Hannibal bound the man to a tree, stopping afterwards to gasp for breath, petals and blood strewn across the ground. He still had to decorate, but he could barely catch his breath.

“Is this why you didn’t want to confess?”

Hannibal turned so quickly that he lost his balance, catching himself against the cool damp earth, chest heaving as he tried to get more air into his lungs. Will stood nearby, close enough to have been heard, but not close enough to crowd Hannibal or trample over the soon-to-be crime scene.

In Hannibal’s eyes, Will looked radiant. He looked almost angelic, with how his curls caught the faint moonlight and haloed his face. When he stepped closer, Hannibal reached out despite himself, wanting to at least feel Will grasp his hand once, just once, if that was all he got.

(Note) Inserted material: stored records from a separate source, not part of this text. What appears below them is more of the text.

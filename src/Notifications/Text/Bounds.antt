-- ===== src/Notifications/Text/Bounds.antt =====
-- Normalised text is within its byte limit and free of control characters and lone surrogates.
use nagi_shell.Prelude.{
  ℕ, zero, suc, ◌+◌, ◌-◌, ◌*◌, ◌/◌, ◌%◌, ◌≤◌, ◌<◌, ◌≡◌, refl, ◌⊎◌, inl, inr, Bool, true, false, [],
  ◌∷◌, ◌++◌, ltb, leb, subst, length, arith, Bool-cases,
}
use nagi_shell.Notifications.Text.{
  QString, is_control, is_surrogate, surrogate_to_ucs4, append_code_point, utf8_length, decode_unit,
  skip_line_feed, sanitize, normalize_loop, bounded_normalized,
}

-- A character that is no control character; a line feed is allowed, since it may stand for a carriage
-- return, and a tab where white space is preserved.
abbrev pub Allowed : Bool → ℕ → Type 0
Allowed preserve c =
    ((0x20 ≤ c) × (c < 0x7f)) ⊎ (0xa0 ≤ c) ⊎ (c ≡ b'\n') ⊎ ((preserve ≡ true) × (c ≡ b'\t'))

-- Well-formed UTF-16 of allowed characters, with the number of bytes that it takes in UTF-8: one, two or
-- three for a code unit that is no surrogate, four for a high surrogate with a low one behind it.
pub data Encodes (preserve : Bool) : QString → ℕ → Type 0 where
  end : Encodes preserve [] 0
  one :
      {rest : QString} {size : ℕ}
      → (c : ℕ) → Allowed preserve c
      → c < 0x80
      → Encodes preserve rest size
      → Encodes preserve (c ∷ rest) (1 + size)
  two :
      {rest : QString} {size : ℕ}
      → (c : ℕ) → Allowed preserve c
      → 0x80 ≤ c
      → c < 0x800
      → Encodes preserve rest size
      → Encodes preserve (c ∷ rest) (2 + size)
  three :
      {rest : QString} {size : ℕ}
      → (c : ℕ) → 0x800 ≤ c
      → c < 0x10000
      → ((c < 0xd800) ⊎ (0xe000 ≤ c))
      → Encodes preserve rest size
      → Encodes preserve (c ∷ rest) (3 + size)
  four :
      {rest : QString} {size : ℕ}
      → (high low : ℕ) → 0xd800 ≤ high
      → high < 0xdc00
      → 0xdc00 ≤ low
      → low < 0xe000
      → Encodes preserve rest size
      → Encodes preserve (high ∷ low ∷ rest) (4 + size)

append_code_point-unit : (c : ℕ) → c < 0x10000 → append_code_point c ≡ c ∷ []
unfolding append_code_point
append_code_point-unit c h = ground arith

append_code_point-pair :
    (c : ℕ)
    → 0x10000 ≤ c
    → append_code_point c ≡ (0xd800 + (c - 0x10000) / 0x400) ∷ (0xdc00 + (c - 0x10000) % 0x400) ∷ []
unfolding append_code_point
append_code_point-pair c h = ground arith

-- A scalar value that is appended takes as many bytes as the code counts.
append_code_point-Encodes :
    (preserve : Bool) (c : ℕ) (rest : QString) (size : ℕ)
    → Allowed preserve c
    → is_surrogate c ≡ false
    → c < 0x110000
    → Encodes preserve rest size
    → Encodes preserve (append_code_point c ++ rest) (utf8_length c + size)
unfolding utf8_length is_surrogate
append_code_point-Encodes preserve c rest size allowed scalar range e =
    elim (Bool-cases (leb c 0xffff)) [
      | inl unit ↦ rw (append_code_point-unit c (ground arith)) (elim (Bool-cases (leb c 0x7f)) [
        | inl h ↦ rw h (one c allowed (ground arith) e)
        | inr h ↦ elim (Bool-cases (leb c 0x7ff)) [
          | inl k ↦ rw (h, k) (two c allowed (ground arith) (ground arith) e)
          | inr k ↦ rw (h, k, unit) (three c (ground arith) (ground arith) (ground arith) e)
        ]
      ])
      | inr pair ↦ rw (append_code_point-pair c (ground arith)) (
          subst
            (λ n.
              Encodes preserve
                ((0xd800 + (c - 0x10000) / 0x400) ∷ (0xdc00 + (c - 0x10000) % 0x400) ∷ rest)
                (n + size))
            {x = 4} (ground arith)
            (four (0xd800 + (c - 0x10000) / 0x400) (0xdc00 + (c - 0x10000) % 0x400) (omega arith)
              (ground arith) (omega arith) (omega arith) e))
    ]

-- The code units of a QString are numbers of 16 bits.
abbrev pub IsUnits : QString → Type 0
IsUnits [] = Unit
IsUnits (c ∷ rest) = (c < 0x10000) × IsUnits rest

decode_unit-scalar :
    (unit : ℕ) (rest : QString)
    → unit < 0x10000
    → IsUnits rest
    → (is_surrogate (decode_unit unit rest).0 ≡ false)
      × ((decode_unit unit rest).0 < 0x110000)
      × IsUnits (decode_unit unit rest).1
unfolding decode_unit surrogate_to_ucs4
decode_unit-scalar unit [] h k = (ground arith, ground arith, tt)
decode_unit-scalar unit (next ∷ rest) h k = (ground arith, ground arith, ground arith)

skip_line_feed-IsUnits : (rest : QString) → IsUnits rest → IsUnits (skip_line_feed rest)
unfolding skip_line_feed
skip_line_feed-IsUnits [] k = tt
skip_line_feed-IsUnits (c ∷ rest) k = ground arith

is_control_line_feed : is_surrogate b'\n' ≡ false
unfolding is_surrogate
is_control_line_feed = refl

sanitize-Allowed :
    (preserve : Bool) (c : ℕ) (rest : QString)
    → is_surrogate c ≡ false
    → c < 0x110000
    → IsUnits rest
    → Allowed preserve (sanitize preserve c rest).0
      × (is_surrogate (sanitize preserve c rest).0 ≡ false)
      × ((sanitize preserve c rest).0 < 0x110000)
      × IsUnits (sanitize preserve c rest).1
unfolding sanitize is_surrogate is_control
sanitize-Allowed preserve c rest s h k =
    let skipped = skip_line_feed-IsUnits rest k in
    (ground arith, ground arith, ground arith, ground arith)

-- The loop's fuel is the length of the text, and each round consumes a code unit at least.
length-skip_line_feed : (rest : QString) → length (skip_line_feed rest) ≤ length rest
unfolding skip_line_feed
length-skip_line_feed [] = omega arith
length-skip_line_feed (c ∷ rest) = ground arith

length-decode_unit : (unit : ℕ) (rest : QString) → length (decode_unit unit rest).1 ≤ length rest
unfolding decode_unit
length-decode_unit unit [] = omega arith
length-decode_unit unit (next ∷ rest) = ground arith

-- What a round leaves of the text behind its first code unit.
abbrev pub left_of : Bool → ℕ → QString → QString
left_of preserve unit rest =
    let decoded = decode_unit unit rest in (sanitize preserve decoded.0 decoded.1).1

pub length-left_of :
    (preserve : Bool) (unit : ℕ) (rest : QString)
    → length (left_of preserve unit rest) ≤ length rest
unfolding sanitize
length-left_of preserve unit rest =
    ground (arith, length-decode_unit unit rest, length-skip_line_feed (decode_unit unit rest).1)

-- A round consumes two code units at most: a pair of surrogates, or a carriage return with its line feed.
length-skip_line_feed-lower : (rest : QString) → length rest ≤ 1 + length (skip_line_feed rest)
unfolding skip_line_feed
length-skip_line_feed-lower [] = omega arith
length-skip_line_feed-lower (c ∷ rest) = ground arith

decode_unit-consumes :
    (unit : ℕ) (rest : QString)
    → ((decode_unit unit rest).1 ≡ rest)
      ⊎ ((length rest ≤ 1 + length (decode_unit unit rest).1)
          × (0x10000 ≤ (decode_unit unit rest).0))
unfolding decode_unit surrogate_to_ucs4
decode_unit-consumes unit [] = inl refl
decode_unit-consumes unit (next ∷ rest) = ground arith

length-left_of-lower :
    (preserve : Bool) (unit : ℕ) (rest : QString)
    → length rest ≤ 1 + length (left_of preserve unit rest)
unfolding sanitize
length-left_of-lower preserve unit rest =
    ground
      (arith, decode_unit-consumes unit rest, length-skip_line_feed-lower (decode_unit unit rest).1)

length-append_code_point :
    (c : ℕ) (rest : QString) → 1 + length rest ≤ length (append_code_point c ++ rest)
unfolding append_code_point
length-append_code_point c rest = ground arith

utf8_length-le : (c : ℕ) → utf8_length c ≤ 4
unfolding utf8_length
utf8_length-le c = ground arith

-- The limit leaves no room for every further character, or the whole text was read: of two code units
-- that are read, one is written at least.
abbrev pub CutOnly : ℕ → ℕ → QString → QString → Type 0
CutOnly room size text output = (room < size + 4) ⊎ (length text ≤ 2 * length output)

normalize_loop-Encodes :
    (fuel : ℕ) (preserve : Bool) (room : ℕ) (text : QString)
    → length text ≤ fuel
    → IsUnits text
    → let output = normalize_loop fuel preserve room text in
      (size : ℕ) × (size ≤ room) × Encodes preserve output size × CutOnly room size text output
unfolding normalize_loop
normalize_loop-Encodes zero preserve room text l k = (0, omega arith, end, inr (omega (arith, l)))
normalize_loop-Encodes (suc fuel) preserve room [] l k = (0, omega arith, end, inr (omega arith))
normalize_loop-Encodes (suc fuel) preserve room (unit ∷ rest) l k =
    let decoded = decode_unit unit rest in
    let (scalar, range, units) = decode_unit-scalar unit rest k.0 k.1 in
    let (allowed, plain, within, left) =
      sanitize-Allowed preserve decoded.0 decoded.1 scalar range units in
    let c = (sanitize preserve decoded.0 decoded.1).0 in
    let later = left_of preserve unit rest in
    let shorter = length-left_of preserve unit rest in
    let longer = length-left_of-lower preserve unit rest in
    let (size, fits, encodes, cut) =
      normalize_loop-Encodes fuel preserve (room - utf8_length c) later (omega (arith, l, shorter))
        left in
    let written =
      length-append_code_point c (normalize_loop fuel preserve (room - utf8_length c) later) in
    elim (Bool-cases (ltb room (utf8_length c))) [
      | inl full ↦ (0, omega arith, rw full end, inl (ground (arith, full, utf8_length-le c)))
      | inr more ↦ (
        utf8_length c + size,
        ground arith,
        rw more (append_code_point-Encodes preserve c _ size allowed plain within encodes),
        rw more (ground (arith, cut, written, longer, more)),
      )
    ]

-- A normalised text is well-formed UTF-16, without control characters other than line feeds and, where
-- white space is preserved, tabs; and its encoding in UTF-8 takes at most the bytes that were allowed. It
-- is cut only where fewer than four bytes are left of these: elsewhere it has at least half as many
-- code units as the text, of which a carriage return may take a line feed with it.
pub bounded_normalized-Encodes :
    (value : QString) (max_bytes : ℕ) (preserve : Bool)
    → IsUnits value
    → let output = bounded_normalized value max_bytes preserve in
      (size : ℕ) × (size ≤ max_bytes)
      × Encodes preserve output size
      × CutOnly max_bytes size value output
unfolding bounded_normalized
bounded_normalized-Encodes value max_bytes preserve k =
    normalize_loop-Encodes (length value) preserve max_bytes value (omega arith) k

But Will gave him more. He cupped Hannibal’s face and pressed a knee to the ground to balance himself as they sat face to face.

“Did you really not think you could be loved?” Will whispered, stroking his thumbs over Hannibal’s cheekbones, beneath his eyes. He looked so sallow, now, so thin. Before Hannibal could answer, Will kissed him, uncaring for the taste of blood on his lips, the feeling of a petal accidentally passed from tongue to tongue.

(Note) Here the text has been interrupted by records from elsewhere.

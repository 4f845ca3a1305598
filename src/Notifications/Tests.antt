-- ===== src/Notifications/Tests.antt =====
-- src/notifications/runtime.cpp and notification_text.cpp: the runtime on small inputs.
use nagi_shell.Prelude.{
  ℕ, ◌+◌, ◌≤◌, ◌≡◌, refl, ◌⊎◌, inr, true, false, none, some, List, [], ◌∷◌, take, All, arith,
}
use nagi_shell.Prelude.Int.{pos, negsuc}
use nagi_shell.Notifications.Text.{
  QString, literal, characters, bounded_normalized, utf8_length, sanitize, decode_unit,
  append_code_point, surrogate_to_ucs4,
}
use nagi_shell.Notifications.Text.Bounds.{IsUnits, Encodes, CutOnly, bounded_normalized-Encodes}
use nagi_shell.Notifications.Types.{
  World, not_invoked, closes, NotificationRuntime, NotificationSnapshot, LiveAssociation, normal,
}
use nagi_shell.Notifications.History.{max_history}
use nagi_shell.Notifications.Live.{find, Victim, select_victim}
use nagi_shell.Notifications.Live.Victims.{Precedes, IsCandidate, candidate, select_victim-least}
use nagi_shell.Notifications.Scheduler.{arm_scheduler}
use nagi_shell.Notifications.Scheduler.Coverage.{FiresBy, arm_scheduler-FiresBy}
use nagi_shell.Notifications.Operations.{prune_history}
use nagi_shell.Notifications.Operations.Pruning.{IsFresh}
use nagi_shell.Notifications.Operations.Retention.{fresh, prune_history-retains}
use nagi_shell.Notifications.Operations.Validity.{IsValid}
use nagi_shell.Notifications.Replacement.Coalescing.{
  Updates, queue_all, firsts, with_updates, queue_all-firsts,
}
use nagi_shell.Notifications.Runtime.{
  initial, run, Event, begins, attaches, finishes, updates, posted, refreshes, due_ids,
  process_due_deadlines, set_server_owned, linked_keys,
}
use nagi_shell.Notifications.Runtime.Deadlines.{Responds, process_due_deadlines-settles}
use nagi_shell.Notifications.Runtime.Ownership.{Unknown, set_server_owned-clears}
use nagi_shell.Notifications.Runtime.Validity.{run-initial-IsValid}

-- The identifier of an object is its number; objects close with reason 1 when they are expired.
abbrev world_at : ℕ → World
world_at now = record {
  now = now;
  properties = λ notification. record {
    protocol_id = notification;
    app_name = literal "mail";
    summary = literal "new message";
    body = literal "<b>hello</b>";
    urgency = some (pos 1);
    desktop_entry = literal "org.mail";
    app_icon = literal "mail-unread";
    resident = false;
    transient = false;
    expire_timeout = negsuc 0;
    last_generation = false;
  };
  alive = λ notification. true;
  expire = λ notification. closes (pos 1);
  dismiss = λ notification. not_invoked;
  read_xml = λ text. record { tokens = characters text ∷ []; has_error = false };
  number_text = λ number. (number + 48) ∷ [];
}

abbrev morning : World
morning = world_at 1000

abbrev evening : World
evening = world_at 50000

abbrev own_name : QString
own_name = literal ":1.7"

-- The server is owned, two notifications are admitted, and one of them is updated.
abbrev two_notifications : List (World × Event)
two_notifications =
    (morning, refreshes (some own_name) own_name)
    ∷ (morning, begins)
    ∷ (morning, attaches (some 3) 1)
    ∷ (morning, finishes 1)
    ∷ (morning, attaches (some 4) 1)
    ∷ (morning, updates (some 4))
    ∷ (morning, posted)
    ∷ []

abbrev held : ℕ → ℕ → LiveAssociation
held id key = record {
  protocol_id = id;
  live_admission_sequence = key;
  notification = id;
  record_key = some key;
  urgency = normal;
  transient = false;
  expiry_deadline_monotonic_ms = some (11000 + id);
  update_queued = false;
  seen_in_generation = true;
  transient_source_token = literal "notification";
  transient_app_name = literal "mail";
  transient_summary = [];
  transient_body = [];
  transient_app_icon_name = [];
  transient_source_generation = 1;
  transient_revision = 1;
  transient_presentation_valid = true;
}

abbrev kept : ℕ → ℕ → NotificationSnapshot
kept key admitted_at = record {
  first_admission_sequence = key;
  first_admitted_monotonic_ms = admitted_at;
  history_cutoff_monotonic_ms = admitted_at + 86400000;
  live = true;
  app_name = literal "mail";
  summary = [];
  body = [];
  urgency = normal;
  desktop_entry = [];
  app_icon_name = [];
  resident = false;
}

-- Two live notifications, with their snapshots.
abbrev busy : NotificationRuntime
busy = record {
  live_associations = held 4 2 ∷ held 3 1 ∷ [];
  history_snapshots = kept 2 1000 ∷ kept 1 900 ∷ [];
  buffered_notifications = [];
  next_history_sequence = 3;
  next_live_sequence = 3;
  current_generation = 1;
  history_sequence_exhausted = false;
  live_sequence_exhausted = false;
  invalid_timeout_reported = false;
  history_exhaustion_reported = false;
  live_exhaustion_reported = false;
  reconciling_generation = false;
  latest_transient_urgency = none;
  owns_notification_server = true;
  ownership_monitoring_enabled = true;
  timer = some 10003;
  queued = [];
  signals = [];
}

busy-IsValid : IsValid busy
unfolding find
busy-IsValid = record {
  live_ok = record {
    within = omega arith;
    distinct = (refl, (refl, tt));
    descending = (omega arith, (omega arith, tt));
    linked = (refl, (refl, tt));
  };
  few = omega arith;
  ordered = (omega arith, (omega arith, tt));
  below = omega arith;
  history_fits = omega arith;
  live_fits = omega arith;
}

busy-Responds : All (Responds evening) busy.live_associations
busy-Responds = (inr (inr (pos 1, refl, refl)), (inr (inr (pos 1, refl, refl)), tt))

run-initial-IsValid_example : IsValid (run two_notifications (initial true))
run-initial-IsValid_example = run-initial-IsValid true two_notifications

process_due_deadlines-settles_example :
    let q = process_due_deadlines evening busy in
    (due_ids 50000 q.live_associations ≡ []) × All (IsFresh 50000) q.history_snapshots
process_due_deadlines-settles_example =
    process_due_deadlines-settles evening busy busy-IsValid busy-Responds

set_server_owned-clears_example :
    let q = set_server_owned evening false busy in
    (q.owns_notification_server ≡ false)
    × (q.live_associations ≡ [])
    × All (Unknown q.history_snapshots) (linked_keys busy.live_associations)
set_server_owned-clears_example = set_server_owned-clears evening busy busy-IsValid refl

abbrev newcomer : Victim
newcomer = record { provisional = true; id = 0; capacity = 2; sequence = 9 }

select_victim-least_example :
    let v = select_victim busy.history_snapshots newcomer busy.live_associations in
    ((v ≡ newcomer) ⊎ IsCandidate busy.history_snapshots v busy.live_associations)
    × Precedes v newcomer
    × All (λ a. Precedes v (candidate busy.history_snapshots a)) busy.live_associations
select_victim-least_example =
    select_victim-least busy.history_snapshots newcomer busy.live_associations

arm_scheduler-FiresBy_example :
    let q = arm_scheduler morning busy in
    All (λ a. FiresBy 1000 q.timer a.expiry_deadline_monotonic_ms) q.live_associations
    × All (λ s. FiresBy 1000 q.timer (some s.history_cutoff_monotonic_ms)) q.history_snapshots
arm_scheduler-FiresBy_example = arm_scheduler-FiresBy morning busy

prune_history-retains_example :
    (prune_history 90000000 busy).history_snapshots
    ≡ take max_history (fresh 90000000 busy.history_snapshots)
prune_history-retains_example = prune_history-retains 90000000 busy

-- Two updates of a notification around one of another that is not there.
abbrev burst : Updates
burst = (3, 3) ∷ (77, 5) ∷ (3, 4) ∷ []

burst-firsts : firsts burst busy.live_associations ≡ (3, 3) ∷ []
unfolding firsts find
burst-firsts = refl

queue_all-firsts_example :
    queue_all burst busy ≡ with_updates (firsts burst busy.live_associations) busy
queue_all-firsts_example = queue_all-firsts burst busy

-- A bell, a lone high surrogate, and a pair of surrogates.
abbrev rough_text : QString
rough_text = 7 ∷ 0xd83d ∷ 65 ∷ 0xd83d ∷ 0xde00 ∷ 66 ∷ []

rough_text-IsUnits : IsUnits rough_text
rough_text-IsUnits =
    (omega arith, (omega arith, (omega arith, (omega arith, (omega arith, (omega arith, tt))))))

rough_text-normalized :
    bounded_normalized rough_text 11 false ≡ 0xfffd ∷ 0xfffd ∷ 65 ∷ 0xd83d ∷ 0xde00 ∷ []
unfolding bounded_normalized utf8_length sanitize decode_unit append_code_point surrogate_to_ucs4
rough_text-normalized = refl

bounded_normalized-Encodes_example :
    let output = bounded_normalized rough_text 11 false in
    (size : ℕ) × (size ≤ 11) × Encodes false output size × CutOnly 11 size rough_text output
bounded_normalized-Encodes_example =
    bounded_normalized-Encodes rough_text 11 false rough_text-IsUnits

“You don’t deserve that,” Hannibal told him quietly, when they’d parted for breath. Forehead to forehead, Hannibal let his eyes close with a sigh. “You don’t deserve that burden.”

Will’s smile was warm when it pressed to Hannibal’s cheek, his breath a tickle against his skin.

“No rest for the wicked,” Will replied. He nuzzled Hannibal just once more before pulling back, blue eyes filled with pupil and a fire Hannibal had only ever dreamed of seeing. “How can I help?”